"Snakes on a Plane"
Directed by: David R. Ellis Starring: Samuel L. Jackson, Julianna Margulies, Byron Lawson, Kenan Thompson, Rachel Blanchard Rating: R (for adult language, nudity, graphic violence and lotsa snakebites) Running time: 105 minutes Best suited for: anybody who'd even consider seeing a film titled "Snakes on a Plane" Least suited for: aviophobes and ophidiophobes (and especially aviophobic ophidiophobes) "Snakes on a Plane" is a wickedly, deliciously, delightfully bad flick-the kind of movie that's almost so bad it's great. This one comes close, almost so bad that it's pretty decent. The premise is flimsy, the setup lame, the acting pitiful and the dialogue mostly horrendous. But once a few hundred lethal, pheromonecrazed snakes are set free aboard a Boeing 747-well, that's when the fun begins.
How'd they manage to get all those snakes on the plane? Nobody bothers to elaborate. Do we care? Nah. Nothing's made any sense up to this point anyway. When the screaming begins, all is forgiven, because those of us who've come to see "Snakes on a Plane" know what to expect. (That would be snakes. On a plane.) And we are not disappointed by the slithery onslaught that follows.
*But, really-go see it anyway. Here's how it all comes to pass (not that it matters either). FBI agent Nelville Flynn (Samuel L. Jackson) escorts material witness Sean Jones (Nathan Phillips) aboard Pacific Air flight 121 to Los Angeles after Jones stumbles upon the assassination of a D.A. in Hawaii. But the killer manages to sneak a crate of snakes onto the aircraft, with a timed mechanism set to release the slithering hoard once the plane is midway to its destination.
A cast of usual disaster-film suspects are buckled in for the six-hour flight across the Pacific. One can't help but immediately predict the victims. Might they include the young Mile-High couple bumping and grinding in the lavatory, the airsick honeymooners, the two young brothers traveling solo for the first time, the kung-fu master, the famous rapper with his two hulking bodyguards or the pretty blonde with a yapping Chihuahua in her purse? Numerous nameless extras also get their two seconds of cinematic, snake-bitten glory, and nary an appendage goes unstruck in this one. What a delectable smorgasbord set before the crazed reptiles. Oh, and did I mention the lightning storm raging outside the plane?

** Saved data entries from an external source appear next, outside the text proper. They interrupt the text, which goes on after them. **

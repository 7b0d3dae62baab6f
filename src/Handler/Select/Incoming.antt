-- ===== src/Handler/Select/Incoming.antt =====
-- The loop of AddIncoming of src/SocketHandler.cpp.
use cpp_sockets_library.Prelude.{
  ℕ, zero, suc, ◌<◌, ◌≤◌, ◌≡◌, ◌⊎◌, refl, sym, ap, subst, ◌∙◌, Option, some, List, [], ◌∷◌, leb,
  if◌then◌else◌, length, drop, arith, Bool-cases, inl, inr,
}
use cpp_sockets_library.Handler.{Env, SocketHandler, Callback, on_delete, incoming}
use cpp_sockets_library.Handler.Select.{add_incoming}
use cpp_sockets_library.Handler.Select.Maps.{
  IsSorted, IsMap, put-IsSorted, length-put, Grown, incoming-Grown,
}

Grown-IsMap :
    (h h' : SocketHandler) → Grown h h' → IsMap h → length h.sockets < h.max_count → IsMap h'
Grown-IsMap h h' g v room = elim g.map [
  | inl e ↦ record { sorted = subst IsSorted (sym e) v.sorted; limited = rw (e, g.limit) v.limited }
  | inr (s, p, e) ↦
      let size = length-put s p h.sockets in
      record {
        sorted = subst IsSorted (sym e) (put-IsSorted s p h.sockets v.sorted);
        limited = rw (e, g.limit) (omega arith);
      }
]

-- How the loop ends.
abbrev pub Ends : SocketHandler → SocketHandler → Type 0
Ends h h' =
    IsMap h'
    × (h'.max_count ≡ h.max_count)
    × ((h'.env.add ≡ []) ⊎ (h.max_count ≤ length h'.sockets))

pub List-cases {ℓ} :
    {A : Type ℓ} (xs : List A) → (xs ≡ []) ⊎ ((y : A) × (ys : List A) × (xs ≡ y ∷ ys))
List-cases [] = inl refl
List-cases (x ∷ xs) = inr (x, xs, refl)

module _ (on : Callback → ℕ → Env → Env) where
  -- The handler after the first socket of m_add.
  next : ℕ → SocketHandler → SocketHandler
  next p h =
      let h1 = incoming on p h in record h1 { env = record h1.env { add = drop 1 h1.env.add } }

  -- A step of the loop, by what m_add holds.
  step : ℕ → SocketHandler → List ℕ → Option SocketHandler
  step fuel h l = elim l [
    | [] ↦ some h
    | p ∷ ps ↦
        if leb h.max_count (length h.sockets) then some h else add_incoming on fuel (next p h)
  ]

  add_incoming-step :
      (fuel : ℕ) (h : SocketHandler) → add_incoming on (suc fuel) h ≡ step fuel h h.env.add
  unfolding add_incoming step next
  add_incoming-step fuel h = refl

  add_incoming-empty :
      (fuel : ℕ) (h : SocketHandler) → h.env.add ≡ [] → add_incoming on (suc fuel) h ≡ some h
  unfolding step
  add_incoming-empty fuel h e = add_incoming-step fuel h ∙ ap (step fuel h) e

  add_incoming-next :
      (fuel : ℕ) (h : SocketHandler) (p : ℕ) (ps : List ℕ)
      → h.env.add ≡ p ∷ ps
      → add_incoming on (suc fuel) h
        ≡ (if leb h.max_count (length h.sockets) then some h else add_incoming on fuel (next p h))
  unfolding step
  add_incoming-next fuel h p ps e = add_incoming-step fuel h ∙ ap (step fuel h) e

  next-Grown :
      (quiet : (p : ℕ) (e : Env) → (on on_delete p e).add ≡ e.add)
      → (p : ℕ) (ps : List ℕ) (h : SocketHandler) → h.env.add ≡ p ∷ ps
      → ((next p h).env.add ≡ ps)
        × ((next p h).max_count ≡ h.max_count)
        × (IsMap h → length h.sockets < h.max_count → IsMap (next p h))
  unfolding next
  next-Grown quiet p ps h e =
      let g = incoming-Grown on quiet p h in
      (
        ap (drop 1) (g.waiting ∙ e),
        g.limit,
        λ v room.
            let w = Grown-IsMap h (incoming on p h) g v room in
            record { sorted = w.sorted; limited = w.limited },
      )

  -- AddIncoming ends, with fuel for every socket of m_add, where OnDelete adds no socket to the
  -- handler: it keeps the descriptors of the map in order and within the limit on their number,
  -- and afterwards m_add is empty or the limit is reached.
  pub add_incoming-Ends :
      (quiet : (p : ℕ) (e : Env) → (on on_delete p e).add ≡ e.add)
      → (fuel : ℕ) (h : SocketHandler) → length h.env.add < fuel
      → IsMap h
      → (h' : SocketHandler) × (add_incoming on fuel h ≡ some h') × Ends h h'
  add_incoming-Ends quiet zero h lt v = absurd (omega arith)
  add_incoming-Ends quiet (suc fuel) h lt v = elim (List-cases h.env.add) [
    | inl e ↦ (h, add_incoming-empty fuel h e, (v, refl, inl e))
    | inr (p, ps, e) ↦ elim (Bool-cases (leb h.max_count (length h.sockets))) [
      | inl full ↦
          (h, rw (add_incoming-next fuel h p ps e, full) refl, (v, refl, inr (ground arith)))
      | inr room ↦
          let (added, limit, map) = next-Grown quiet p ps h e in
          let size : length h.env.add ≡ suc (length ps) = rw e refl in
          let less : length (next p h).env.add < fuel = rw added (omega arith) in
          let (h', runs, (w, same, done)) =
            add_incoming-Ends quiet fuel (next p h) less (map v (ground arith)) in
          (
            h',
            rw (add_incoming-next fuel h p ps e, room) runs,
            (
              w,
              same ∙ limit,
              elim done [
                | inl d ↦ inl d
                | inr d ↦ inr (subst (λ m. m ≤ length h'.sockets) limit d)
              ],
            ),
          )
    ]
  ]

These are not going to be friendly skies.
Some might be aware that "Snakes on a Plane" has foregone the usual pre-release screenings, instead gaining momentum via massive Internet support ( la "The Blaire Witch Project"-another notoriously mediocre film). Several new scenes were added to "Snakes" after initial shooting, altering its original PG-13 rating to R. One can imagine some harried producer shouting, "We need sex in a bathroom! Give me sex
in a bathroom!" After all, what's the point of snakes on a plane without sex in a bathroom? Come to think of it, this one could easily have been titled "Sex in a Bathroom." Or "Dead Pilot in Cockpit." Or "FBI Agent in Bad Mood."
But I digress.
Reportedly, added footage included Samuel L. Jackson's already-famous battle cry, "I have had it with all these !&@#&! snakes aboard this !%#$&?! plane!" Anyone aware of Mr. Jackson's favorite utterance will have no trouble filling in the blanks, and the comment brought a huge cheer from the audience. Frankly, this was probably the best line of dialogue in the film- which tells you something-although if you're still paying attention to the dialogue at that point, you're probably in the wrong theater.
I'm also obliged to tell you that my wife spent much of the film with her hand at her mouth, alternately stifling giggles and gasps, depending upon whether the snakes were on-camera or not. And just who jumped more during the film-my wife, my stepson or me, or that !@%$#&! screamer in the back of the theater-well, that's too close to call. Clearly, if you can't have fun at this one, rent "Pride and Prejudice" and have a ball.
In a nutshell: The film's title pretty much says it all. This one's bad. I loved it. Go figure.